In vitro activity of colistin mono- and combination therapy against colistin-resistant Acinetobacter baumannii, mechanism of resistance, and clinical outcomes of patients infected with colistin-resistant A. baumannii at a Thai university hospital

Yongyut Lertsrisatit; Wichai Santimaleeworagun; Sudaluck Thunyaharn; Jantima Traipattanakul

doi:10.2147/IDR.S148185

In vitro activity of colistin mono- and combination therapy against colistin-resistant Acinetobacter baumannii, mechanism of resistance, and clinical outcomes of patients infected with colistin-resistant A. baumannii at a Thai university hospital

Infect Drug Resist. 2017 Nov 20:10:437-443. doi: 10.2147/IDR.S148185. eCollection 2017.

Authors

Yongyut Lertsrisatit¹, Wichai Santimaleeworagun^{2

3}, Sudaluck Thunyaharn⁴, Jantima Traipattanakul⁵

Affiliations

¹ College of Pharmacotherapy Thailand, Nonthaburi, Thailand.
² Department of Pharmacy, Faculty of Pharmacy, Silpakorn University, Nakorn Pathom, Thailand.
³ Pharmaceutical Initiative for Resistant Bacteria and Infectious Diseases Working Group (PIRBIG) Faculty of Pharmacy, Silpakorn University, Nakorn Pathom, Thailand.
⁴ Faculty of Medical Technology, Nakhonratchasima College, Nakhonratchasima, Thailand.
⁵ Division of Infectious Disease, Department of Medicine, Phramongkutklao Hospital, Bangkok, Thailand.

Abstract

Purpose: Colistin is a drug of last resort for treating multidrug-resistant Acinetobacter baumannii infections. Unfortunately, colistin-resistant A. baumannii (CoR-AB) has been reported. Here, we examined the in vitro effect of mono- and combined antimicrobials against CoR-AB strains and their resistance mechanism, and evaluated the clinical outcomes of CoR-AB-infected patients.

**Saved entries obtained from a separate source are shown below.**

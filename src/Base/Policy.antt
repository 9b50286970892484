-- ===== src/Base/Policy.antt =====
-- What the calls of a script may do to its state: a relation between the state before a call and the
-- one after it, which holds for a function of the script if it holds for each call that it makes.
use mathlib.Core.Bool.{Bool, true, false}
use mathlib.Core.Option.{Option, none, some}
use inroa.Base.Tests.{if◌then◌else◌}
use inroa.Base.Throw.{Result, ok, throws}
use inroa.Base.Run.{Script, resume, ◌>>=◌, get, done, some_or_fail}

pub record Policy (S : Type 0) : Type 1 where
  pub Allows : S → S → Type 0
  pub stays : (s : S) → Allows s s
  pub trans : (s t u : S) → Allows s t → Allows t u → Allows s u

-- A policy on what has to stay true.
abbrev pub invariant_policy : {S : Type 0} → (S → Type 0) → Policy S
invariant_policy Holds = record {
  Allows = λ s t. Holds s → Holds t;
  stays = λ s h. h;
  trans = λ s t u first second h. second (first h);
}

-- A call does what the policy allows, whatever the state, and whether it throws or not.
pub record Keeps {S A : Type 0} (p : Policy S) (m : Script S A) : Type 0 where
  pub allows : (s : S) → p.Allows s (m s).1

module _ {S : Type 0} {p : Policy S} where
  resume-Allows :
      {A B : Type 0} (s : S) (k : A → Script S B) (r : Result A × S)
      → p.Allows s r.1
      → ((a : A) → Keeps p (k a))
      → p.Allows s (resume k r).1
  resume-Allows s k (ok a, t) h hk = p.trans s t (k a t).1 h ((hk a).allows t)
  resume-Allows s k (throws f, t) h hk = h

  pub >>=-Keeps :
      {A B : Type 0} (m : Script S A) (k : A → Script S B)
      → Keeps p m
      → ((a : A) → Keeps p (k a))
      → Keeps p (m >>= k)
  >>=-Keeps m k hm hk = record { allows = λ s. resume-Allows s k (m s) (hm.allows s) hk }

  pub get-Keeps : Keeps p get
  get-Keeps = record { allows = p.stays }

  pub done-Keeps : Keeps p done
  done-Keeps = record { allows = p.stays }

  pub some_or_fail-Keeps : {A : Type 0} (o : Option A) → Keeps p (some_or_fail o)
  some_or_fail-Keeps none = record { allows = p.stays }
  some_or_fail-Keeps (some a) = record { allows = p.stays }

  pub if-Keeps :
      {A : Type 0} (b : Bool) (m n : Script S A)
      → Keeps p m
      → Keeps p n
      → Keeps p (if b then m else n)
  if-Keeps true m n hm hn = hm
  if-Keeps false m n hm hn = hn

  -- A value that is read from the state, which fails if it is not there.
  pub read-Keeps : {A : Type 0} (f : S → Option A) → Keeps p (λ s. some_or_fail (f s) s)
  read-Keeps f = record { allows = λ s. (some_or_fail-Keeps (f s)).allows s }
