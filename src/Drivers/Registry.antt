-- ===== src/Drivers/Registry.antt =====
-- src/drivers/registry.ts: drivers by id or alias, cached probes and the choice of a mode.
pub mod Names
pub mod Probes
pub mod Modes
mod Tests
use cordyceps.Common.{
  ltb, leb, ◌==◌, if◌then◌else◌, ltb→lt, lt→ltb, leb→le, ==_iff, Bool-cases, Option-cases,
  String-cases, str_eq_refl, str_eq-false, length, get_elem?, take, drop, keep, any, last?,
  length-append, take-append-drop, length-take, length-drop, All, All-append, All-map,
  drop-append_of_le, take-append_of_le, drop-length-append, take-length, append-ne-nil,
  slice-append_of_le, ℕ, zero, suc, ◌+◌, ◌-◌, ◌*◌, ◌/◌, ◌%◌, ◌≤◌, ◌<◌, min, max, String, ◌≡◌, refl,
  sym, ap, ◌∙◌, ◌≢◌, ◌↔◌, ◌⊎◌, inl, inr, Bool, true, false, not, ◌&&◌, ◌||◌, Option, none, some,
  List, [], ◌∷◌, ◌++◌, map-append, append-nil, append_assoc, arith, str_eq, eq_iff, map,
}
use cordyceps.Common.Map
use cordyceps.Common.Map.{Map, includes}
use cordyceps.Drivers.Api.{Driver, DriverMode, DriverProbe, includes_mode}

pub record DriverRegistry : Type 0 where
  pub drivers : Map Driver
  pub aliases : Map String
  pub probes : Map DriverProbe

abbrev pub empty : DriverRegistry
empty = record { drivers = []; aliases = []; probes = [] }

-- What `register` throws.
pub data RegisterError : Type 0 where
  id_taken : String → RegisterError
  alias_collides : String → RegisterError

-- The first alias that is an id or an alias already.
pub collision : DriverRegistry → List String → Option String
collision r [] = none
collision r (a ∷ as') =
    let rest = collision r as' in
    if Map.has a r.drivers || Map.has a r.aliases then some a else rest

pub put_aliases : List String → String → Map String → Map String
put_aliases [] id m = m
put_aliases (a ∷ as') id m = put_aliases as' id (Map.put a id m)

pub delete_aliases : List String → Map String → Map String
delete_aliases [] m = m
delete_aliases (a ∷ as') m = delete_aliases as' (Map.delete a m)

-- The registry is left as it was where this throws.
pub register : Driver → DriverRegistry → DriverRegistry ⊎ RegisterError
register d r =
    if Map.has d.id r.drivers then inr (id_taken d.id) else elim (collision r d.aliases) [
      | some a ↦ inr (alias_collides a)
      | none ↦ inl (record r {
        drivers = Map.put d.id d r.drivers;
        aliases = put_aliases d.aliases d.id r.aliases;
      })
    ]

pub unregister : String → DriverRegistry → DriverRegistry × Bool
unregister id r = elim (Map.get id r.drivers) [
  | none ↦ (r, false)
  | some d ↦ (
    record {
      drivers = Map.delete id r.drivers;
      aliases = delete_aliases d.aliases r.aliases;
      probes = Map.delete id r.probes;
    },
    true,
  )
]

-- An empty text is falsy.
abbrev truthy : Option String → Option String
truthy none = none
truthy (some c) = if str_eq c "" then none else some c

abbrev lookup_driver : DriverRegistry → Option String → Option Driver
lookup_driver r none = none
lookup_driver r (some c) = Map.get c r.drivers

pub resolve : String → DriverRegistry → Option Driver
resolve name r =
    lookup_driver r (
      truthy (elim (Map.get name r.drivers) [ some d ↦ some name | none ↦ Map.get name r.aliases ]))

pub canonical_id : String → DriverRegistry → Option String
canonical_id name r = if Map.has name r.drivers then some name else Map.get name r.aliases

pub list : DriverRegistry → List Driver
list r = Map.values r.drivers

-- What `probe` does at once: an answer, or a call of the driver's own `probe()`, which is awaited.
pub data ProbeStart : Type 0 where
  answers : Option DriverProbe → ProbeStart
  asks : Driver → ProbeStart

pub begin_probe : String → Bool → DriverRegistry → ProbeStart
begin_probe name refresh r = elim (resolve name r) [
  | none ↦ answers none
  | some d ↦
      if not refresh && Map.has d.id r.probes then answers (Map.get d.id r.probes) else asks d
]

-- Behind the `await`: the driver's answer has come in.
pub finish_probe : Driver → DriverProbe → DriverRegistry → DriverRegistry
finish_probe d p r = record r { probes = Map.put d.id p r.probes }

-- A probe with no other call before its driver's answer, which `ask` gives.
abbrev pub answered_by :
    (Driver → DriverProbe) → DriverRegistry → ProbeStart → DriverRegistry × Option DriverProbe
answered_by ask r (answers o) = (r, o)
answered_by ask r (asks d) = (finish_probe d (ask d) r, some (ask d))

pub probe :
    (Driver → DriverProbe) → String → Bool → DriverRegistry → DriverRegistry × Option DriverProbe
probe ask name refresh r = answered_by ask r (begin_probe name refresh r)

-- The drivers' modes that the machine supports and that a runtime is registered for.
pub viable : Driver → List DriverMode → List DriverMode → List DriverMode
viable d supported registered =
    keep (λ m. includes_mode m supported && includes_mode m registered) d.modes

abbrev pub first : List DriverMode → Option DriverMode
first [] = none
first (m ∷ ms) = some m

pub choose_mode : Driver → Option DriverMode → List DriverMode → List DriverMode → Option DriverMode
choose_mode d none supported registered = first (viable d supported registered)
choose_mode d (some p) supported registered =
    if includes_mode p (viable d supported registered)
    then some p
    else first (viable d supported registered)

Patients and methods: Seventeen clinical CoR-AB strains were isolated from patients at Phramongkutklao hospital, 2011-2015. The mono- and synergistic activities of colistin, tigecycline, sulbactam, imipenem, meropenem, amikacin, fosfomycin, and cotrimoxazole were examined by minimum inhibitory concentration (MIC) and fractional inhibitory concentration index. Clonal relationship and resistance genes were determined by repetitive extragenic palindromic polymerase chain reaction with specific primers. The effect of carbonyl cyanide 3-chlorophenylhydrazone combined with colistin was used to test efflux pump involvement. Patient treatment outcomes were also reported.

Results: The most prevalent infection in CoR-AB patients was pneumonia (35.3%), and all patients were administered colistin combined with another agent. The 30-day mortality was 70.6%, and the colistin MIC range and MIC50 was 16-512 μg/mL and 64 μg/mL, respectively. All CoR-AB strains were sensitive to tigecycline. Sporadic isolates were susceptible to sulbactam, imipenem, meropenem, and cotrimoxazole. A synergistic or additive effect was observed for colistin plus imipenem or meropenem (16.7%), sulbactam (66.7%), or tigecycline (66.7%). The CoR-AB isolates could be divided into four different clones (A-D) with a high prevalence of group B (47.1%). Eight isolates harbored blaOXA23, blaIMP, blaKPC, and blaNDM, and one contained blaOXA23, blaIMP, and blaKPC, while the eight remaining isolates carried only blaOXA23. The MIC values of all strains were greatly reduced for colistin plus carbonyl cyanide 3-chlorophenylhydrazone.

Conclusion: CoR-AB clinical isolates exhibited very high colistin resistance and a high frequency of resistance genes. The mechanism of colistin resistance appears to be mediated via an efflux pump. Thus, certain antimicrobials could be used as salvage therapy for CoR-AB infection.

Keywords: clinical outcomes; salvage therapy; synergism.